Obietnice szybkiego przekwalifikowania, wysokich zarobków i gwarancja pracy, dostarczane przez bootcampy testerskie, zyskują coraz większą popularność na rynku IT. Często jednak pod pozorem zintensyfikowanego programu szkoleniowego, wiele firm wykorzystuje agresywny marketing, sprzedając aspirującym juniorom marzenia o bezproblemowym rozpoczęciu kariery w branży testowania. Przyjrzyjmy się negatywnym skutkom takiego podejścia, które wpływa nie tylko na rynek pracy, ale również na początkujących testerów, którzy szukają możliwości rozwoju zawodowego i zobaczmy, jak obietnice bez pokrycia stanowią pułapkę dla nieświadomych kandydatów do branży IT oraz dlaczego tak ważne jest spojrzenie na bootcampy i kursy testerskie krytycznym okiem.

Po raz kolejny z pomocą przychodzi nam facebookowa grupa Testowanie oprogramowania, która niejednokrotnie staje się jednym z pierwszych (o ile nie najważniejszym) przystanków na drodze poszukujących sposobów na wejście do IT juniorów. Rozpocznijmy jednym z anonimowych postów: 

bootcamp-fb2.png
Liczba komentarzy pod postem nie dziwi. Z reguły, gdy użytkownicy zadają pytania dotyczące szkoleń i rozwoju, a zwłaszcza kosztownych kursów dla początkujących, które „zrobią z Ciebie testera w x dni”, zaangażowanie grupowiczów jest natychmiastowe i dość spore.

Ale przytoczony powyżej post jest jednym z tych łagodniejszych, mowa wszak o darmowym webinarze. Problem zaczyna się, gdy do gry wchodzą firmy oferujące płatne (i to całkiem niemało) bootcampy, obiecujące zatrudnienie w branży i niebotyczne zarobki. Chcecie przykładów? Mamy i takie.

Przykład 1

bootcamp-reklama-1.jpgNiestety reklama nie określiła, czy jest to zarobek miesięczny, czy też może kwartalny. Nie możemy jednak nie odwołać się do badania „Raport z Badania Społeczności IT 2023”, zgodnie z którym średnia kwota wynagrodzenia dla junior testerów manualnych wynosiła:

  • dla umowy o pracę - 4 415,00 PLN na rękę
  • przy kontrakcie B2B – 7 284,00 PLN netto na fakturze
  • przy umowach zleceniu/umowach o dzieło – 4 061,00 PLN na rękę.

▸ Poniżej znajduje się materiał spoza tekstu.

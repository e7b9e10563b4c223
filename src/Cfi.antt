-- ===== src/Cfi.antt =====
-- src/gu_cfi_helper.h and src/gu_cfi_helper.c: the rows of call frame information, on x86-64.
-- The codes of registers, of `DW_CFA_*` and of `DW_EH_PE_*` are those of the DWARF standard.
pub mod Program
pub mod Rows
pub mod Remember
pub mod Ops
pub mod Parse
pub mod Entry
use libgunwinder.Base.{
  ℕ, ◌+◌, ◌-◌, ◌%◌, ◌^◌, Option, none, some, List, [], ◌∷◌, ltb, ◌==◌, if◌then◌else◌, Bool,
}

pub data Reg : Type 0 where
  rip rbp rsp : Reg

-- `regno` is passed as an `int`.
unfoldable pub trans_reg_type : ℕ → Option Reg
trans_reg_type regno =
    let n = regno % 2 ^ 32 in
    if n == 7 then some rsp else if n == 16 then some rip else if n == 6 then some rbp else none

pub data FrameRule : Type 0 where
  unspecified undefined same_value offset val_offset register expression val_expression : FrameRule

-- The value is a bit field of 61 bits; it is read back with its sign.
pub record RegRule : Type 0 where
  pub rule : FrameRule
  pub value : ℕ

unfoldable pub make_rule : FrameRule → ℕ → RegRule
make_rule rule value = record { rule = rule; value = value % 2 ^ 61 }

unfoldable pub rule_value : RegRule → ℕ
rule_value r = if ltb r.value (2 ^ 60) then r.value else r.value + 2 ^ 64 - 2 ^ 61

-- `cfa_rule` with `cfa_data`. A block is its bytes. In libdw's structures the `number` of an
-- operation takes the bytes of the data pointer of a block: `overwritten` is a block of that
-- length whose pointer was replaced so.
pub data CfaRule : Type 0 where
  no_cfa : CfaRule
  reg_plus : ℕ → ℕ → CfaRule
  expr : List ℕ → CfaRule
  overwritten : ℕ → CfaRule

pub record Row : Type 0 where
  pub cfa : CfaRule
  pub rip_rule : RegRule
  pub rbp_rule : RegRule
  pub rsp_rule : RegRule

unfoldable pub get_rule : Row → Reg → RegRule
get_rule row rip = row.rip_rule
get_rule row rbp = row.rbp_rule
get_rule row rsp = row.rsp_rule

unfoldable pub set_rule : Row → Reg → RegRule → Row
set_rule row rip r = record row { rip_rule = r }
set_rule row rbp r = record row { rbp_rule = r }
set_rule row rsp r = record row { rsp_rule = r }

-- struct gu_cfi_calc_ctx: the row under construction and the chain of remembered ones.
pub record CalcCtx : Type 0 where
  pub row : Row
  pub prev : List Row

abbrev pub no_rule : RegRule
no_rule = record { rule = unspecified; value = 0 }

abbrev pub zero_row : Row
zero_row = record { cfa = no_cfa; rip_rule = no_rule; rbp_rule = no_rule; rsp_rule = no_rule }

-- The factors are 64-bit patterns; the data factor is signed.
pub record Cie : Type 0 where
  pub code_alignment_factor : ℕ
  pub data_alignment_factor : ℕ
  pub fde_encoding : ℕ
  pub lsda_encoding : ℕ
  pub fde_augmentation_data_size : ℕ
  pub sized_augmentation_data : Bool
  pub signal_frame : Bool
  pub initial_instructions : List ℕ
  pub initial_end : ℕ
  pub row : Row
  pub prev : List Row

Jak widać, żadna z tych stawek nawet odrobinę nie zbliża się do deklarowanego wyżej zarobku. Skąd więc taki pułap? Trudno nam to wyjaśnić.

Przykład 2

bootcamp-reklama-2.jpgPomijamy tu wysoką kwotę wynagrodzenia, która bardziej przypomina wypłatę doświadczonego seniora niż Juniora świeżo po kursie. Dodatkowym problemem w tym przypadku jest jednoczesna obietnica pracy zdalnej. 

Praca zdalna jako tester może być co prawda niezwykle atrakcyjna dla wielu kandydatów, ale trzeba jednocześnie pamiętać, że nie każdy (a zwłaszcza początkujący junior, który dopiero co ukończył kurs) jest odpowiednio przygotowany do funkcjonowania i wykonywania zadań w takim modelu. Wymaga ona samodyscypliny i zdolności do samodzielnego zarządzania czasem. Ponadto, istnieją także inne wyzwania, jak na przykład komunikacja z zespołem i utrzymanie odpowiedniego poziomu produktywności. Bootcampy testerskie niestety często nie uwzględniają tych aspektów, nie dając tym samym uczestnikom pełnego obrazu tego, czego mogą się spodziewać w przypadku pracy zdalnej.

Przykład 3

bootcamp-reklama-3.jpgTrzeci przykład z kolejną, często szkodliwą obietnicą, która niestety staje się machiną napędzającą „produkcję” kolejnych juniorów, czego efektem jest obserwowane już przesycenie rynku w branży testerskiej. 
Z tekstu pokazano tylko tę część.